-- PROBLEM DETAILS --
Print each entry below precisely as it reads.

[[ RECORDS PROVIDED open ]]

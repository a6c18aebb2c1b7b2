-- ===== src/Admission.antt =====
-- app/main.py: admitting a pod under its reservation. What the Kubernetes calls give and what other
-- tasks do to the shared state while a call waits for them are arguments: `fresh` is the pod that
-- `read_pod` gives, or none where it raises, `patched` whether `apply_toleration` returns, and
-- `meanwhile` the change of the state during the calls. `jitter` is the draw of `random.randint`.
pub mod Apply
pub mod Retry
pub mod Ranking
pub mod Fit
pub mod Room
use gpu_reservation_controll.Base.{
  Bool, List, Option, String, [], any, false, get_or, has_key, if◌then◌else◌, insert, ltb, nat_eq,
  none, not, option_eq, some, string_eq, true, ℕ, ◌&&◌, ◌*◌, ◌+◌, ◌==◌, ◌||◌,
}
use gpu_reservation_controll.State.{ControllerState, QueueEntry, pod_eq}
use gpu_reservation_controll.Placement.{NodePlacement}
use gpu_reservation_controll.Matching.{available}
use gpu_reservation_controll.Occupancy.{record_placement, release_pod}
use gpu_reservation_controll.Nodes.{NodeState, set_gpu_pod}

-- The two parts of `ControllerState` that an admission changes.
pub record Shared : Type 0 where
  pub controller : ControllerState
  pub nodes : NodeState

pub record Toleration : Type 0 where
  pub key : Option String
  pub value : Option String
  pub effect : Option String

-- What an admission reads of a pod.
pub record FreshPod : Type 0 where
  pub phase : Option String
  pub tolerations : List Toleration
  pub node_name : Option String
  pub placement : Option NodePlacement

unfoldable pub get_pod_phase : FreshPod → String
get_pod_phase pod = elim pod.phase [ none ↦ "" | some phase ↦ phase ]

unfoldable pub is_terminal_phase : FreshPod → Bool
unfolding get_pod_phase
is_terminal_phase pod = get_pod_phase pod == "Succeeded" || get_pod_phase pod == "Failed"

unfoldable pub pod_has_toleration : FreshPod → String → String → String → Bool
pod_has_toleration pod key value effect =
    any (λ t. (t.key == some key) && ((t.value == some value) && (t.effect == some effect)))
      pod.tolerations

-- `_jittered_retry_at`, with `jitter` between 120 and 300 seconds.
unfoldable pub jittered_retry_at : ℕ → ℕ → ℕ
jittered_retry_at jitter now = now + jitter * 1000000

-- The placement that is recorded before the first `await`, and whose it is.
unfoldable pub hold_slot : Shared → String → QueueEntry → Shared
unfolding record_placement
hold_slot w uid entry =
    let placed : ControllerState =
      record_placement w.controller entry.reservation.id uid entry.gpu_requested in
    record w {
      controller = record placed {
        holder_names = insert uid (entry.pod_namespace, entry.pod_name) w.controller.holder_names;
      };
    }

unfoldable pub release_slot : Shared → String → Shared
unfolding release_pod
release_slot w uid = record w { controller = (release_pod w.controller uid).0 }

unfoldable pub is_bound : FreshPod → Bool
is_bound pod = elim pod.node_name [ none ↦ false | some n ↦ not (n == "") ]

unfoldable pub note_admitted : Shared → String → QueueEntry → FreshPod → ℕ → Shared
unfolding set_gpu_pod is_bound
note_admitted w uid entry pod now =
    if not (has_key uid (get_or entry.reservation.id w.controller.occupancy []))
      || (has_key uid w.nodes.gpu_pods || is_bound pod)
    then w
    else record w {
      nodes =
          (set_gpu_pod w.nodes uid
            (some (record {
              namespace = entry.pod_namespace;
              name = entry.pod_name;
              gpu_class = entry.gpu_class_label;
              gpu_count = entry.gpu_requested;
              node_name = none;
              placement = pod.placement;
              reservation_id = some entry.reservation.id;
            }))
            now).0;
    }

-- `TOLERATION_KEY`.
abbrev pub toleration_key : String
toleration_key = "gpu-class-reservation"

-- Whether the entry is done with, the entry, which has another retry time where it is not, and the
-- state.
unfoldable pub after_read_pod :
    Shared → String → QueueEntry → ℕ → ℕ → Option FreshPod → Bool → Shared × QueueEntry × Bool
unfolding release_slot note_admitted is_terminal_phase pod_has_toleration jittered_retry_at
after_read_pod w uid entry jitter now none patched =
    (release_slot w uid, record entry { next_attempt_at = jittered_retry_at jitter now }, false)
after_read_pod w uid entry jitter now (some pod) patched =
    if is_terminal_phase pod
    then (release_slot w uid, entry, true)
    else if pod_has_toleration pod toleration_key entry.gpu_class_label "NoSchedule" || patched
    then (note_admitted w uid entry pod now, entry, true)
    else (
      release_slot w uid,
      record entry { next_attempt_at = jittered_retry_at jitter now },
      false,
    )

unfoldable pub try_apply_toleration :
    Shared
    → String
    → QueueEntry
    → ℕ
    → ℕ
    → Option FreshPod
    → Bool
    → (Shared → Shared)
    → Shared × QueueEntry × Bool
unfolding after_read_pod hold_slot available jittered_retry_at
try_apply_toleration w uid entry jitter now fresh patched meanwhile =
    if ltb (available w.controller entry.reservation (some uid)) entry.gpu_requested
    then (w, record entry { next_attempt_at = jittered_retry_at jitter now }, false)
    else after_read_pod (meanwhile (hold_slot w uid entry)) uid entry jitter now fresh patched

[[ RECORDS PROVIDED closed ]]

-- FINISHED TASK --
repository a6c18aebb2c1b7b2
-- ===== src/Admission.antt =====
-- app/main.py: admitting a pod under its reservation. What the Kubernetes calls give and what other
-- tasks do to the shared state while a call waits for them are arguments: `fresh` is the pod that
-- `read_pod` gives, or none where it raises, `patched` whether `apply_toleration` returns, and
-- `meanwhile` the change of the state during the calls. `jitter` is the draw of `random.randint`.
pub mod Apply
pub mod Retry
pub mod Ranking
pub mod Fit
pub mod Room
use gpu_reservation_controll.Base.{
  Bool, List, Option, String, [], any, false, get_or, has_key, if◌then◌else◌, insert, ltb, nat_eq,
  none, not, option_eq, some, string_eq, true, ℕ, ◌&&◌, ◌*◌, ◌+◌, ◌==◌, ◌||◌,
}
use gpu_reservation_controll.State.{ControllerState, QueueEntry, pod_eq}
use gpu_reservation_controll.Placement.{NodePlacement}
use gpu_reservation_controll.Matching.{available}
use gpu_reservation_controll.Occupancy.{record_placement, release_pod}
use gpu_reservation_controll.Nodes.{NodeState, set_gpu_pod}

-- The two parts of `ControllerState` that an admission changes.
pub record Shared : Type 0 where
  pub controller : ControllerState
  pub nodes : NodeState

pub record Toleration : Type 0 where
  pub key : Option String
  pub value : Option String
  pub effect : Option String

-- What an admission reads of a pod.
pub record FreshPod : Type 0 where
  pub phase : Option String
  pub tolerations : List Toleration
  pub node_name : Option String
  pub placement : Option NodePlacement

unfoldable pub get_pod_phase : FreshPod → String
get_pod_phase pod = elim pod.phase [ none ↦ "" | some phase ↦ phase ]

unfoldable pub is_terminal_phase : FreshPod → Bool
unfolding get_pod_phase
is_terminal_phase pod = get_pod_phase pod == "Succeeded" || get_pod_phase pod == "Failed"

unfoldable pub pod_has_toleration : FreshPod → String → String → String → Bool
pod_has_toleration pod key value effect =
    any (λ t. (t.key == some key) && ((t.value == some value) && (t.effect == some effect)))
      pod.tolerations

-- `_jittered_retry_at`, with `jitter` between 120 and 300 seconds.
unfoldable pub jittered_retry_at : ℕ → ℕ → ℕ
jittered_retry_at jitter now = now + jitter * 1000000

-- The placement that is recorded before the first `await`, and whose it is.
unfoldable pub hold_slot : Shared → String → QueueEntry → Shared
unfolding record_placement
hold_slot w uid entry =
    let placed : ControllerState =
      record_placement w.controller entry.reservation.id uid entry.gpu_requested in
    record w {
      controller = record placed {
        holder_names = insert uid (entry.pod_namespace, entry.pod_name) w.controller.holder_names;
      };
    }

unfoldable pub release_slot : Shared → String → Shared
unfolding release_pod
release_slot w uid = record w { controller = (release_pod w.controller uid).0 }

unfoldable pub is_bound : FreshPod → Bool
is_bound pod = elim pod.node_name [ none ↦ false | some n ↦ not (n == "") ]

unfoldable pub note_admitted : Shared → String → QueueEntry → FreshPod → ℕ → Shared
unfolding set_gpu_pod is_bound
note_admitted w uid entry pod now =
    if not (has_key uid (get_or entry.reservation.id w.controller.occupancy []))
      || (has_key uid w.nodes.gpu_pods || is_bound pod)
    then w
    else record w {
      nodes =
          (set_gpu_pod w.nodes uid
            (some (record {
              namespace = entry.pod_namespace;
              name = entry.pod_name;
              gpu_class = entry.gpu_class_label;
              gpu_count = entry.gpu_requested;
              node_name = none;
              placement = pod.placement;
              reservation_id = some entry.reservation.id;
            }))
            now).0;
    }

-- `TOLERATION_KEY`.
abbrev pub toleration_key : String
toleration_key = "gpu-class-reservation"

-- Whether the entry is done with, the entry, which has another retry time where it is not, and the
-- state.
unfoldable pub after_read_pod :
    Shared → String → QueueEntry → ℕ → ℕ → Option FreshPod → Bool → Shared × QueueEntry × Bool
unfolding release_slot note_admitted is_terminal_phase pod_has_toleration jittered_retry_at
after_read_pod w uid entry jitter now none patched =
    (release_slot w uid, record entry { next_attempt_at = jittered_retry_at jitter now }, false)
after_read_pod w uid entry jitter now (some pod) patched =
    if is_terminal_phase pod
    then (release_slot w uid, entry, true)
    else if pod_has_toleration pod toleration_key entry.gpu_class_label "NoSchedule" || patched
    then (note_admitted w uid entry pod now, entry, true)
    else (
      release_slot w uid,
      record entry { next_attempt_at = jittered_retry_at jitter now },
      false,
    )

unfoldable pub try_apply_toleration :
    Shared
    → String
    → QueueEntry
    → ℕ
    → ℕ
    → Option FreshPod
    → Bool
    → (Shared → Shared)
    → Shared × QueueEntry × Bool
unfolding after_read_pod hold_slot available jittered_retry_at
try_apply_toleration w uid entry jitter now fresh patched meanwhile =
    if ltb (available w.controller entry.reservation (some uid)) entry.gpu_requested
    then (w, record entry { next_attempt_at = jittered_retry_at jitter now }, false)
    else after_read_pod (meanwhile (hold_slot w uid entry)) uid entry jitter now fresh patched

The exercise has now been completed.